Key Engineering Lessons¶
- Dead legs in high-purity butadiene service must be identified and controlled, including temporary dead legs created when pumps are out of service.
- Out-of-service equipment and associated piping should be flushed and managed so that popcorn polymer does not accumulate to hazardous levels.
- Remote emergency isolation capability is important where hazardous releases cannot be safely isolated locally during a catastrophic event.
- Process safety systems must be able to recognize when safety-critical procedures cannot be performed as intended and trigger appropriate safeguards.
- Paper-based process performance records can be lost in a catastrophic fire. Critical records should be retained in a recoverable system.
Source Notes¶
- Primary facts were taken from the final report and factual update, which have source_priority 1 and override lower-priority documents.

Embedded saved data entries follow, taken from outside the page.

-- ===== src/CapsulePump/Chunked.antt =====
-- A stream of encoded capsules that arrives in chunks, however it was cut.
use skimasque.Prelude.{ℕ, List, [], ◌∷◌, ◌++◌, All, Bool, true, ◌≡◌, ◌∙◌, refl, ap}
use skimasque.Prelude.Bytes.{BytesCrate}
use skimasque.Capsule.{Capsule}
use skimasque.CapsulePump.{CapsulePump, ControlFlow, continue, break, stuck, proceed, push}
use skimasque.CapsulePump.Loop.{proceed_continue}
use skimasque.CapsulePump.Chunks.{push-append_continue, push-append_break, push-ne-stuck}
use skimasque.CapsulePump.Delivery.{wires, IsAccepted, delivered, push-wires}

-- All chunks as one.
abbrev pub joined : List ℕ → List (List ℕ) → List ℕ
joined chunk [] = chunk
joined chunk (next ∷ later) = chunk ++ joined next later

module _ ⦃b : BytesCrate⦄ (datagrams_open control_open : ℕ → Bool) where
  -- The read loop above the pump: one push for each chunk, until one breaks.
  pub push_chunks : List ℕ → List (List ℕ) → CapsulePump → ControlFlow × CapsulePump
  push_chunks chunk [] p = push datagrams_open control_open p chunk
  push_chunks chunk (next ∷ later) p =
      proceed (push_chunks next later) (push datagrams_open control_open p chunk)

  -- A chunk that the pump accepts whole is accepted in two halves.
  first_half :
      (p q : CapsulePump) (xs ys : List ℕ) (o : ControlFlow × CapsulePump)
      → push datagrams_open control_open p xs ≡ o
      → push datagrams_open control_open p (xs ++ ys) ≡ (continue, q)
      → (r : CapsulePump) × (o ≡ (continue, r))
        × (push datagrams_open control_open r ys ≡ (continue, q))
  first_half p q xs ys (continue, r) e whole =
      (r, refl, push-append_continue datagrams_open control_open p r xs ys e ∙ whole)
  first_half p q xs ys (break, r) e whole =
      absurd (cc (whole, push-append_break datagrams_open control_open p r xs ys e))
  first_half p q xs ys (stuck, r) e whole = absurd (
      push-ne-stuck datagrams_open control_open p xs
        (ap (λ (o : ControlFlow × CapsulePump). o.0) e))

  push_chunks-joined :
      (chunk : List ℕ) (later : List (List ℕ)) (p q : CapsulePump)
      → push datagrams_open control_open p (joined chunk later) ≡ (continue, q)
      → push_chunks chunk later p ≡ (continue, q)
  unfolding push_chunks
  push_chunks-joined chunk [] p q e = e
  push_chunks-joined chunk (next ∷ later) p q e =
      let (r, half, rest) = first_half p q chunk (joined next later) _ refl e in
      ap (proceed (push_chunks next later)) half
      ∙ proceed_continue (push_chunks next later) r
      ∙ push_chunks-joined next later r q rest

  -- Encoded capsules are delivered however the stream is cut into chunks. With both queues open, a
  -- decoder with an empty buffer, and capsules whose types and lengths are varints and whose
  -- values are within the decoder's limit: when the chunks joined are the encodings of the
  -- capsules, the pump goes on after the last chunk with an empty buffer, and has sent the values
  -- of the DATAGRAM capsules to one queue and the other capsules to the control queue, if there is
  -- one, each in order.
  pub push_chunks-wires :
      ((n : ℕ) → datagrams_open n ≡ true)
      → ((n : ℕ) → control_open n ≡ true)
      → (cs : List Capsule) (chunk : List ℕ) (later : List (List ℕ)) (p : CapsulePump)
      → p.decoder.buf ≡ []
      → All (IsAccepted p.decoder.max_value_len) cs
      → joined chunk later ≡ wires cs
      → push_chunks chunk later p ≡ (continue, delivered cs p)
  push_chunks-wires d_open c_open cs chunk later p empty h whole =
      push_chunks-joined chunk later p (delivered cs p) (
        ap (push datagrams_open control_open p) whole
        ∙ push-wires datagrams_open control_open d_open c_open cs p empty h)
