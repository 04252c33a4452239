-- ===== src/Prelude/Trim.antt =====
-- `str::trim` on UTF-8 bytes, and the other searches of `str` that the parsers use.
use skimasque.Prelude.{
  ℕ, zero, suc, [], ◌∷◌, ◌++◌, Bool, ◌&&◌, ◌||◌, Option, none, some, leb, ◌==◌, if◌then◌else◌, any,
  All, ◌<◌, ◌≡◌, refl, ◌∙◌, append-nil, arith,
}
use skimasque.Prelude.Text.{Text, lower}

-- The length of the white space character in front, 0 when there is none.
abbrev pub white_len : Text → ℕ
white_len [] = 0
white_len (a ∷ []) = if (leb 9 a && leb a 13) || (a == 32) then 1 else 0
white_len (a ∷ b ∷ []) =
    if (leb 9 a && leb a 13) || (a == 32)
    then 1
    else if (a == 194) && ((b == 133) || (b == 160))
    then 2
    else 0
white_len (a ∷ b ∷ c ∷ t) =
    if (leb 9 a && leb a 13) || (a == 32)
    then 1
    else if (a == 194) && ((b == 133) || (b == 160))
    then 2
    else if (a == 225) && ((b == 154) && (c == 128))
    then 3
    else if (a == 226)
        && ((b == 128) && ((leb 128 c && leb c 138) || ((c == 168) || ((c == 169) || (c == 175)))))
    then 3
    else if (a == 226) && ((b == 129) && (c == 159))
    then 3
    else if (a == 227) && ((b == 128) && (c == 128))
    then 3
    else 0

abbrev reverse_onto : Text → Text → Text
reverse_onto acc [] = acc
reverse_onto acc (c ∷ t) = reverse_onto (c ∷ acc) t

-- The same, for a text whose bytes stand in reverse order.
abbrev white_len_back : Text → ℕ
white_len_back [] = 0
white_len_back (a ∷ []) = white_len (a ∷ [])
white_len_back (b ∷ a ∷ []) =
    if white_len (b ∷ []) == 1 then 1 else if white_len (a ∷ b ∷ []) == 2 then 2 else 0
white_len_back (c ∷ b ∷ a ∷ t) =
    if white_len (c ∷ []) == 1
    then 1
    else if white_len (b ∷ c ∷ []) == 2
    then 2
    else if white_len (a ∷ b ∷ c ∷ []) == 3
    then 3
    else 0

-- Drops the bytes that belong to white space characters, with a count of bytes still to drop.
abbrev trim_front : (measure : Text → ℕ) (pending : ℕ) → Text → Text
trim_front measure pending [] = []
trim_front measure (suc n) (c ∷ t) = trim_front measure n t
trim_front measure zero (c ∷ t) = elim (measure (c ∷ t)) [
  | zero ↦ c ∷ t
  | suc n ↦ trim_front measure n t
]

-- `text.trim()`
unfoldable pub trim : Text → Text
trim t = reverse_onto [] (trim_front white_len_back 0 (reverse_onto [] (trim_front white_len 0 t)))

-- `text.contains(c)`
abbrev pub contains : ℕ → Text → Bool
contains c t = any (λ x. x == c) t

-- `text.strip_suffix(c)`
abbrev pub strip_last : ℕ → Text → Option Text
strip_last c [] = none
strip_last c (x ∷ []) = if x == c then some [] else none
strip_last c (x ∷ y ∷ t) = elim (strip_last c (y ∷ t)) [ none ↦ none | some r ↦ some (x ∷ r) ]

-- `is_ascii_alphanumeric`
abbrev pub is_alphanumeric : ℕ → Bool
is_alphanumeric c =
    (leb b'0' c && leb c b'9') || ((leb b'A' c && leb c b'Z') || (leb b'a' c && leb c b'z'))

-- `to_ascii_lowercase` of a text
abbrev pub lowercase : Text → Text
lowercase [] = []
lowercase (c ∷ t) = lower c ∷ lowercase t

-- A visible ASCII byte.
abbrev pub IsVisible : ℕ → Type 0
IsVisible c = (32 < c) × (c < 127)

white_len-visible : (c : ℕ) (t : Text) → IsVisible c → white_len (c ∷ t) ≡ 0
white_len-visible c [] h = ground arith
white_len-visible c (b ∷ []) h = ground arith
white_len-visible c (b ∷ a ∷ t) h = ground arith

white_len_back-visible : (c : ℕ) (t : Text) → All IsVisible (c ∷ t) → white_len_back (c ∷ t) ≡ 0
white_len_back-visible c [] (h, _) = white_len-visible c [] h
white_len_back-visible c (b ∷ []) (h, (k, _)) =
    rw (white_len-visible c [] h, white_len-visible b (c ∷ []) k) refl
white_len_back-visible c (b ∷ a ∷ t) (h, (k, (l, _))) =
    rw
      (white_len-visible c [] h, white_len-visible b (c ∷ []) k, white_len-visible a (b ∷ c ∷ []) l)
      refl

trim_front-zero :
    (measure : Text → ℕ) (c : ℕ) (t : Text)
    → measure (c ∷ t) ≡ 0
    → trim_front measure 0 (c ∷ t) ≡ c ∷ t
trim_front-zero measure c t h = rw (trim_front, h) refl

trim_front-visible : (t : Text) → All IsVisible t → trim_front white_len 0 t ≡ t
trim_front-visible [] h = refl
trim_front-visible (c ∷ t) (h, _) = trim_front-zero white_len c t (white_len-visible c t h)

trim_front-back_visible : (t : Text) → All IsVisible t → trim_front white_len_back 0 t ≡ t
trim_front-back_visible [] h = refl
trim_front-back_visible (c ∷ t) h =
    trim_front-zero white_len_back c t (white_len_back-visible c t h)

reverse_onto-reverse_onto :
    (acc b t : Text) → reverse_onto acc (reverse_onto b t) ≡ reverse_onto (t ++ acc) b
reverse_onto-reverse_onto acc b [] = refl
reverse_onto-reverse_onto acc b (c ∷ t) = reverse_onto-reverse_onto acc (c ∷ b) t

All-reverse_onto :
    (acc t : Text) → All IsVisible acc → All IsVisible t → All IsVisible (reverse_onto acc t)
All-reverse_onto acc [] h k = h
All-reverse_onto acc (c ∷ t) h (k, l) = All-reverse_onto (c ∷ acc) t (k, h) l

-- There is nothing to trim from visible bytes.
pub trim-visible : (t : Text) → All IsVisible t → trim t ≡ t
unfolding trim
trim-visible t h =
    rw
      (
        trim_front-visible t h,
        trim_front-back_visible (reverse_onto [] t) (All-reverse_onto [] t tt h),
      )
      (reverse_onto-reverse_onto [] [] t ∙ append-nil t)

- Recommendation status changes from 2023 and 2024 were used to populate recommendation status and summaries where available.
- Some OCR-corrupted text in the source extracts was ignored where the intended wording could not be reliably recovered.
- The final report and factual update contain overlapping but not identical descriptions of the initiating event. The consolidated dataset preserves the higher-authority final report framing while incorporating compatible factual update details.